In an act of dramaturgical daring, given how frequently Moïse mines a comic vein in “K-I-S-S-I-N-G,” the play’s opening scene is a harrowing one. It’s built on a horrific event that reverberates much later on, giving us a fuller picture of one of the supporting characters. Separately, an unexpected complication in Lala’s relationship with one of the brothers surfaces midway through the play.
It is Dani who takes Lala on her first visit to a museum and encourages her to look deeper into the meaning and messages contained in the paintings; it is Albert who teaches her how to kiss, in an intricate, step-by-step process of instruction.
Walks endows Albert with an energetic, outsized personality that made him a crowd favorite at Wednesday night’s performance. As Dani, Yusuf adds another stellar portrayal to his recent string of excellent performances, including his Elliot Norton Award-winning turn in Aziza Barnes’s “BLKS.”

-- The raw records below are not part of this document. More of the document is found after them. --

-- ===== src/Fs/Reopened.antt =====
-- lib/fs.c: opening again a filesystem that was closed.
use libllfat.Prelude.{
  ℕ, ◌+◌, ◌*◌, ◌%◌, ◌≡◌, refl, subst, sym, ◌∙◌, arith, Bool, true, false, ◌==◌, ◌||◌, if◌then◌else◌,
  none, some, [],
}
use libllfat.Prelude.Int.{ℤ, pos, minus_one, ltb_ℤ, ◌+ℤ◌}
use libllfat.Units.{FatUnit}
use libllfat.Units.Host.{Host}
use libllfat.Units.Io.{position}
use libllfat.Units.Device.{Works}
use libllfat.Units.Flushed.{get-miss, read_into}
use libllfat.Boot.Fields
use libllfat.Boot.Size
use libllfat.Boot.Info
use libllfat.Fs.State.{Fat, ◌>>=◌, ◌>>◌}
use libllfat.Fs.Geometry.{fat_bits, num_data_clusters, get_bytes_per_sector}
use libllfat.Fs.Setters.{
  is_valid_cluster, get_info_pos, get_last_allocated_cluster, get_free_clusters,
}
use libllfat.Fs.Session.{
  Opened, create, opened, start, read_boot_sector, open_only, read_info_sector, take_counters,
  open_with, open_fat, close, quit,
}
use libllfat.Fs.Saved.{IsSavable, HasCounters, counters-HasCounters, with_bits_lem}
use libllfat.Fs.Stored.{save-stored}
use libllfat.Fs.Same.{
  same-boot_bits, same-num_data_clusters, same-get_info_pos, same-get_bytes_per_sector, same-info,
}

module _ {h : Host} (works : Works h) (clusters last free : ℕ) (info : FatUnit) (f : Fat h)
    (s : IsSavable clusters last free info f) (info' : FatUnit)
    (c : HasCounters last free info info') (d : h.Disk)
    (boot_read : h.read d f.fd (position h f.boot) f.boot.size ≡ some f.boot.data_bytes)
    (info_read : h.read d f.fd (position h info') info'.size ≡ some info'.data_bytes) where
  abbrev boot_got : FatUnit
  boot_got = read_into h f.offset 512 0 f.fd f.boot.data_bytes

  abbrev boot_kept : FatUnit
  boot_kept = record boot_got { refer = 1 }

  abbrev fresh : Fat h
  fresh = record (create d) { fd = f.fd; offset = f.offset }

  abbrev with_boot : Fat h
  with_boot = record fresh { boot = boot_kept; sectors = h.put boot_kept (h.put boot_got h.empty) }

  abbrev known : Fat h
  known = record with_boot { bits = pos 32 }

  abbrev info_got : FatUnit
  info_got = read_into h f.offset info'.size info.n f.fd info'.data_bytes

  abbrev info_kept : FatUnit
  info_kept = record info_got { refer = 1 }

  abbrev informed : Fat h
  informed = record known {
    info = some info_kept;
    sectors = h.put info_kept (h.put info_got (h.put boot_kept (h.put boot_got h.empty)));
  }

  abbrev final : Fat h
  final = record informed { last = pos last; free = pos free }

  boot_run : read_boot_sector [] 0 fresh ≡ some (pos 0, with_boot)
  unfolding read_boot_sector create
  boot_run =
      let place : position h f.boot ≡ (f.offset + 0 * 512) % 0x1_0000_0000_0000_0000 =
        rw (s.boot_n, s.boot_size, s.boot_origin) refl in
      let sized : h.read d f.fd (position h f.boot) 512 ≡ some f.boot.data_bytes =
        subst (λ (z : ℕ). h.read d f.fd (position h f.boot) z ≡ some f.boot.data_bytes) s.boot_size
          boot_read in
      let here = subst (λ (p : ℕ). h.read d f.fd p 512 ≡ some f.boot.data_bytes) place sized in
      let got =
        get-miss h works d h.empty f.offset 512 0 f.fd f.boot.data_bytes (h.tfind-empty 0) here in
      rw (read_boot_sector, create, got, got) refl

  bits_run : fat_bits with_boot ≡ some (pos 32, known)
  unfolding fat_bits create
  bits_run = rw (same-boot_bits boot_kept f.boot refl ∙ s.boot_bits_is) refl

  again_run : fat_bits known ≡ some (pos 32, known)
  unfolding fat_bits
  again_run = refl

  info_missing : h.tfind info.n known.sectors ≡ none
  unfolding create
  info_missing = ground (
    arith,
    h.tfind-put boot_kept (h.put boot_got h.empty) info.n,
    h.tfind-put boot_got h.empty info.n,
    h.tfind-empty info.n,
    s.info_other,
  )

  data_run : Size.num_data_clusters boot_kept (some (pos 32)) ≡ some (pos clusters, some (pos 32))
  data_run = same-num_data_clusters boot_kept f.boot refl ∙ s.clusters_is

  last_valid :
      Size.is_valid_cluster boot_kept (pos last) (some (pos 32)) ≡ some (true, some (pos 32))
  unfolding Size.is_valid_cluster Size.last_cluster ◌+ℤ◌
  last_valid =
      rw (Size.is_valid_cluster, Size.◌>>=◌, Size.last_cluster, Size.◌>>=◌, data_run)
        (ground (arith, s.last_low, s.last_high))

  counters_run : take_counters informed ≡ some (pos 0, final)
  unfolding take_counters is_valid_cluster num_data_clusters get_last_allocated_cluster
      get_free_clusters
  counters_run =
      let (sig, l, fr) = same-info info_kept info' refl in
      let last_is : Info.get_last_allocated_cluster (some info_kept) ≡ pos last =
        l ∙ c.last_stored in
      let free_is : Info.get_free_clusters (some info_kept) ≡ pos free = fr ∙ c.free_stored in
      let good : (ltb_ℤ (pos free) (pos 0) || ltb_ℤ (pos clusters) (pos free)) ≡ false =
        ground (arith, s.free_high) in
      rw
        (
          last_is,
          with_bits_lem (λ boot. Size.is_valid_cluster boot (pos last)) true informed last_valid,
          ◌>>=◌,
          with_bits_lem Size.num_data_clusters (pos clusters) informed data_run,
          ◌>>=◌,
          last_is,
          free_is,
          good,
        )
        refl

  info_run : read_info_sector [] info.n known ≡ some (pos 0, final)
  unfolding read_info_sector get_bytes_per_sector create
  info_run =
      let real : (info.n == 0 || info.n == 0xffff) ≡ false =
        ground (arith, s.info_other, s.info_real) in
      let bytes : Fields.get_bytes_per_sector boot_kept ≡ info'.size =
        same-get_bytes_per_sector boot_kept f.boot refl
        ∙ sym s.info_size
        ∙ sym c.update.size_same in
      let place : position h info' ≡ (f.offset + info.n * info'.size) % 0x1_0000_0000_0000_0000 =
        rw (c.update.n_same, c.update.origin_same, s.info_origin) refl in
      let here =
        subst (λ (p : ℕ). h.read d f.fd p info'.size ≡ some info'.data_bytes) place info_read in
      let got =
        get-miss h works d known.sectors f.offset info'.size info.n f.fd info'.data_bytes
          info_missing here in
      let signed : Info.get_info_signatures (some info_got) ≡ pos 1 =
        (same-info info_got info' refl).0 ∙ c.update.signatures ∙ s.signed in
      rw (read_info_sector, real, if◌then◌else◌, bytes, got, signed, bytes, got, counters_run) refl

  info_pos : Fields.get_info_pos boot_kept ≡ info.n
  info_pos = same-get_info_pos boot_kept f.boot refl ∙ sym s.info_n

  only_run :
      (opens : Bool → Opened)
      → opens true ≡ Opened.descriptor f.fd
      → open_only [] opens d f.offset 0 ≡ some with_boot
  unfolding open_only opened create
  only_run opens e = rw (open_only, e, opened, boot_run) refl

  start_run : start [] fat_bits with_boot ≡ some (pos 0, final)
  unfolding start get_info_pos
  start_run =
      rw
        (
          start, ◌>>=◌, bits_run, ◌>>◌, ◌>>=◌, again_run, ◌>>=◌, again_run, ◌>>=◌, info_pos,
          info_run,
        )
        refl

  open_run :
      (opens : Bool → Opened)
      → opens true ≡ Opened.descriptor f.fd
      → open_fat [] opens d f.offset ≡ some (some final)
  unfolding open_fat open_with
  open_run opens e = rw (open_fat, open_with, only_run opens e, start_run) refl

module _ {h : Host} where
  -- A FAT32 filesystem with an information sector, whose cached units do not meet on a device that
  -- works, and whose counters are a cluster and a number of free clusters: fatclose saves it, with the
  -- result of close(2), and fatopen of that device with the same descriptor succeeds; the boot
  -- sector, the last allocated cluster and the number of free clusters are then as they were.
  pub open_fat-close :
      (works : Works h) (closes : h.Disk → ℤ → Bool) (opens : Bool → Opened)
      (clusters last free : ℕ) (info : FatUnit) (f : Fat h)
      → IsSavable clusters last free info f
      → opens true ≡ Opened.descriptor f.fd
      → (d : h.Disk) × (g : Fat h) × (close [] closes f
          ≡ some (if closes d f.fd then pos 0 else minus_one, d))
        × (open_fat [] opens d f.offset ≡ some (some g))
        × (g.boot.data_bytes ≡ f.boot.data_bytes)
        × (g.last ≡ f.last)
        × (g.free ≡ f.free)
  unfolding close quit
  open_fat-close works closes opens clusters last free info f s e =
      let (info', c) = counters-HasCounters clusters last free info f s in
      let (f', run, fds, boot_read, info_read) =
        save-stored works clusters last free info f s info' c in
      (
        f'.disk,
        final works clusters last free info f s info' c f'.disk boot_read info_read,
        rw (close, run, quit, fds) refl,
        open_run works clusters last free info f s info' c f'.disk boot_read info_read opens e,
        refl,
        sym s.last_is,
        sym s.free_is,
      )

Patrese D. McClain is riveting as Dot, Lala’s intensely commanding mother, and the ever-steady James Milord is poignant as Lala’s father, Jack, determined to stay close with his daughter as she goes through the inevitable turmoil of adolescence. Bobby Cius, so compelling in the 2020 co-production of “Pass Over” by SpeakEasy Stage Company and Front Porch Arts Collective, plays a neighbor who tries to interest Dot in a community garden.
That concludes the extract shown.